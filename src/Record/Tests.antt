-- ===== src/Record/Tests.antt =====
-- A page of rows of two bytes, with a place for three.
use ob_htap.Prelude.{ℕ, ◌≡◌, ◌<◌, refl, [], ◌∷◌, false, none, some, arith, ◌⊎◌}
use ob_htap.Rc.{Rc}
use ob_htap.Record.Bitmap.{bit, find_loop, bytes, get_bit, set_bit, clear_bit, next_loop, next_bit}
use ob_htap.Record.Bitmap.Search.{Searched, next_bit-Searched}
use ob_htap.Record.Page.{Page, init_page, insert_row, delete_row, update_row}
use ob_htap.Record.Page.Layout.{IsValid, init_page-IsValid}
use ob_htap.Record.Page.Rows.{rows, put, insert_row-rows, delete_row-rows, update_row-rows}
use ob_htap.Record.Log.{
  Frame, insert, delete, update, replay_all, insert_record, delete_record, update_record,
}
use ob_htap.Record.Log.Changes.{put_row, drop_row, set_row, perform, perform_all}
use ob_htap.Record.Log.Recovery.{recovery}

-- The slots 0 and 2 are taken.
abbrev page : Page
page = record {
  record_num = 2;
  record_real_size = 2;
  record_size = 8;
  record_capacity = 3;
  col_idx_offset = 32;
  data_offset = 32;
  bitmap = 5 ∷ [];
  slots = (1 ∷ 2 ∷ []) ∷ [] ∷ (3 ∷ 4 ∷ []) ∷ [];
}

page-IsValid : IsValid page
unfolding get_bit bit
page-IsValid = record {
  fits = omega arith;
  bitmap_fits = omega arith;
  roomy = omega arith;
  bits = refl;
  are_bytes = (omega arith, tt);
  slotted = refl;
  counted = refl;
}

next_bit-Searched_example : Searched false (get_bit (5 ∷ [])) 0 3 (some 1)
unfolding next_bit next_loop bytes find_loop bit
next_bit-Searched_example = next_bit-Searched false 3 (5 ∷ []) 0 (omega arith)

init_page-IsValid_example :
    (p : Page) × (init_page 20 ≡ some p)
    × IsValid p
    × (p.record_real_size ≡ 20)
    × (p.record_num ≡ 0)
    × ((j : ℕ) → get_bit p.bitmap j ≡ false)
init_page-IsValid_example = init_page-IsValid 20

insert_row-rows_example :
    ((page.record_num ≡ page.record_capacity)
      × (insert_row (7 ∷ 8 ∷ []) page ≡ some (Rc.record_nomem, none, page)))
    ⊎ ((slot : ℕ) × (p' : Page) × (insert_row (7 ∷ 8 ∷ []) page ≡ some (Rc.success, some slot, p'))
        × (slot < 3)
        × (rows page slot ≡ none)
        × ((k : ℕ) → rows p' k ≡ put slot (some (7 ∷ 8 ∷ [])) (rows page) k)
        × IsValid p')
insert_row-rows_example = insert_row-rows (7 ∷ 8 ∷ []) page page-IsValid

delete_row-rows_example :
    let (rc, p') = delete_row 1 page in
    (rc ≡ Rc.record_not_exist) × ((k : ℕ) → rows p' k ≡ put 1 none (rows page) k) × IsValid p'
unfolding rows get_bit bit
delete_row-rows_example = delete_row-rows 1 page page-IsValid (omega arith)

update_row-rows_example :
    let (rc, p') = update_row 2 (9 ∷ 9 ∷ []) page in
    (rc ≡ Rc.success) × ((k : ℕ) → rows p' k ≡ put 2 (some (9 ∷ 9 ∷ [])) (rows page) k) × IsValid p'
unfolding rows get_bit bit
update_row-rows_example = update_row-rows 2 (9 ∷ 9 ∷ []) page page-IsValid

abbrev frame : Frame
frame = record { lsn = 4; page = page }

-- The page on disk, after two of four changes, and at the end.
abbrev disk : Frame
disk = record {
  lsn = 6;
  page = record page { bitmap = 6 ∷ []; slots = (1 ∷ 2 ∷ []) ∷ (7 ∷ 8 ∷ []) ∷ (3 ∷ 4 ∷ []) ∷ [] };
}

abbrev at_end : Frame
at_end = record {
  lsn = 9;
  page = record page {
    record_num = 3;
    bitmap = 7 ∷ [];
    slots = (1 ∷ 1 ∷ []) ∷ (9 ∷ 9 ∷ []) ∷ (3 ∷ 4 ∷ []) ∷ [];
  };
}

recovery_example :
    replay_all
      ((5, insert 1 (7 ∷ 8 ∷ []))
        ∷ (6, delete 0)
        ∷ (8, update 1 (9 ∷ 9 ∷ []))
        ∷ (9, insert 0 (1 ∷ 1 ∷ []))
        ∷ [])
      disk
    ≡ some (Rc.success, at_end)
unfolding perform_all perform insert_record delete_record update_record insert_row delete_row
    update_row next_bit next_loop bytes find_loop get_bit set_bit clear_bit bit
recovery_example =
    recovery ((5, put_row (7 ∷ 8 ∷ [])) ∷ (6, drop_row 0) ∷ [])
      ((8, set_row 1 (9 ∷ 9 ∷ [])) ∷ (9, put_row (1 ∷ 1 ∷ [])) ∷ []) frame
      (omega arith, (omega arith, (omega arith, (omega arith, tt)))) refl refl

**YOUR OBJECTIVE**
For each line in the listing, return it exactly as shown.

**RESULT**
filename src/Record/Tests.antt
-- ===== src/Record/Tests.antt =====
-- A page of rows of two bytes, with a place for three.
use ob_htap.Prelude.{ℕ, ◌≡◌, ◌<◌, refl, [], ◌∷◌, false, none, some, arith, ◌⊎◌}
use ob_htap.Rc.{Rc}
use ob_htap.Record.Bitmap.{bit, find_loop, bytes, get_bit, set_bit, clear_bit, next_loop, next_bit}
use ob_htap.Record.Bitmap.Search.{Searched, next_bit-Searched}
use ob_htap.Record.Page.{Page, init_page, insert_row, delete_row, update_row}
use ob_htap.Record.Page.Layout.{IsValid, init_page-IsValid}
use ob_htap.Record.Page.Rows.{rows, put, insert_row-rows, delete_row-rows, update_row-rows}
use ob_htap.Record.Log.{
  Frame, insert, delete, update, replay_all, insert_record, delete_record, update_record,
}
use ob_htap.Record.Log.Changes.{put_row, drop_row, set_row, perform, perform_all}
use ob_htap.Record.Log.Recovery.{recovery}

-- The slots 0 and 2 are taken.
abbrev page : Page
page = record {
  record_num = 2;
  record_real_size = 2;
  record_size = 8;
  record_capacity = 3;
  col_idx_offset = 32;
  data_offset = 32;
  bitmap = 5 ∷ [];
  slots = (1 ∷ 2 ∷ []) ∷ [] ∷ (3 ∷ 4 ∷ []) ∷ [];
}

page-IsValid : IsValid page
unfolding get_bit bit
page-IsValid = record {
  fits = omega arith;
  bitmap_fits = omega arith;
  roomy = omega arith;
  bits = refl;
  are_bytes = (omega arith, tt);
  slotted = refl;
  counted = refl;
}

next_bit-Searched_example : Searched false (get_bit (5 ∷ [])) 0 3 (some 1)
unfolding next_bit next_loop bytes find_loop bit
next_bit-Searched_example = next_bit-Searched false 3 (5 ∷ []) 0 (omega arith)

init_page-IsValid_example :
    (p : Page) × (init_page 20 ≡ some p)
    × IsValid p
    × (p.record_real_size ≡ 20)
    × (p.record_num ≡ 0)
    × ((j : ℕ) → get_bit p.bitmap j ≡ false)
init_page-IsValid_example = init_page-IsValid 20

insert_row-rows_example :
    ((page.record_num ≡ page.record_capacity)
      × (insert_row (7 ∷ 8 ∷ []) page ≡ some (Rc.record_nomem, none, page)))
    ⊎ ((slot : ℕ) × (p' : Page) × (insert_row (7 ∷ 8 ∷ []) page ≡ some (Rc.success, some slot, p'))
        × (slot < 3)
        × (rows page slot ≡ none)
        × ((k : ℕ) → rows p' k ≡ put slot (some (7 ∷ 8 ∷ [])) (rows page) k)
        × IsValid p')
insert_row-rows_example = insert_row-rows (7 ∷ 8 ∷ []) page page-IsValid

delete_row-rows_example :
    let (rc, p') = delete_row 1 page in
    (rc ≡ Rc.record_not_exist) × ((k : ℕ) → rows p' k ≡ put 1 none (rows page) k) × IsValid p'
unfolding rows get_bit bit
delete_row-rows_example = delete_row-rows 1 page page-IsValid (omega arith)

update_row-rows_example :
    let (rc, p') = update_row 2 (9 ∷ 9 ∷ []) page in
    (rc ≡ Rc.success) × ((k : ℕ) → rows p' k ≡ put 2 (some (9 ∷ 9 ∷ [])) (rows page) k) × IsValid p'
unfolding rows get_bit bit
update_row-rows_example = update_row-rows 2 (9 ∷ 9 ∷ []) page page-IsValid

abbrev frame : Frame
frame = record { lsn = 4; page = page }

-- The page on disk, after two of four changes, and at the end.
abbrev disk : Frame
disk = record {
  lsn = 6;
  page = record page { bitmap = 6 ∷ []; slots = (1 ∷ 2 ∷ []) ∷ (7 ∷ 8 ∷ []) ∷ (3 ∷ 4 ∷ []) ∷ [] };
}

abbrev at_end : Frame
at_end = record {
  lsn = 9;
  page = record page {
    record_num = 3;
    bitmap = 7 ∷ [];
    slots = (1 ∷ 1 ∷ []) ∷ (9 ∷ 9 ∷ []) ∷ (3 ∷ 4 ∷ []) ∷ [];
  };
}

recovery_example :
    replay_all
      ((5, insert 1 (7 ∷ 8 ∷ []))
        ∷ (6, delete 0)
        ∷ (8, update 1 (9 ∷ 9 ∷ []))
        ∷ (9, insert 0 (1 ∷ 1 ∷ []))
        ∷ [])
      disk
    ≡ some (Rc.success, at_end)
unfolding perform_all perform insert_record delete_record update_record insert_row delete_row
    update_row next_bit next_loop bytes find_loop get_bit set_bit clear_bit bit
recovery_example =
    recovery ((5, put_row (7 ∷ 8 ∷ [])) ∷ (6, drop_row 0) ∷ [])
      ((8, set_row 1 (9 ∷ 9 ∷ [])) ∷ (9, put_row (1 ∷ 1 ∷ [])) ∷ []) frame
      (omega arith, (omega arith, (omega arith, (omega arith, tt)))) refl refl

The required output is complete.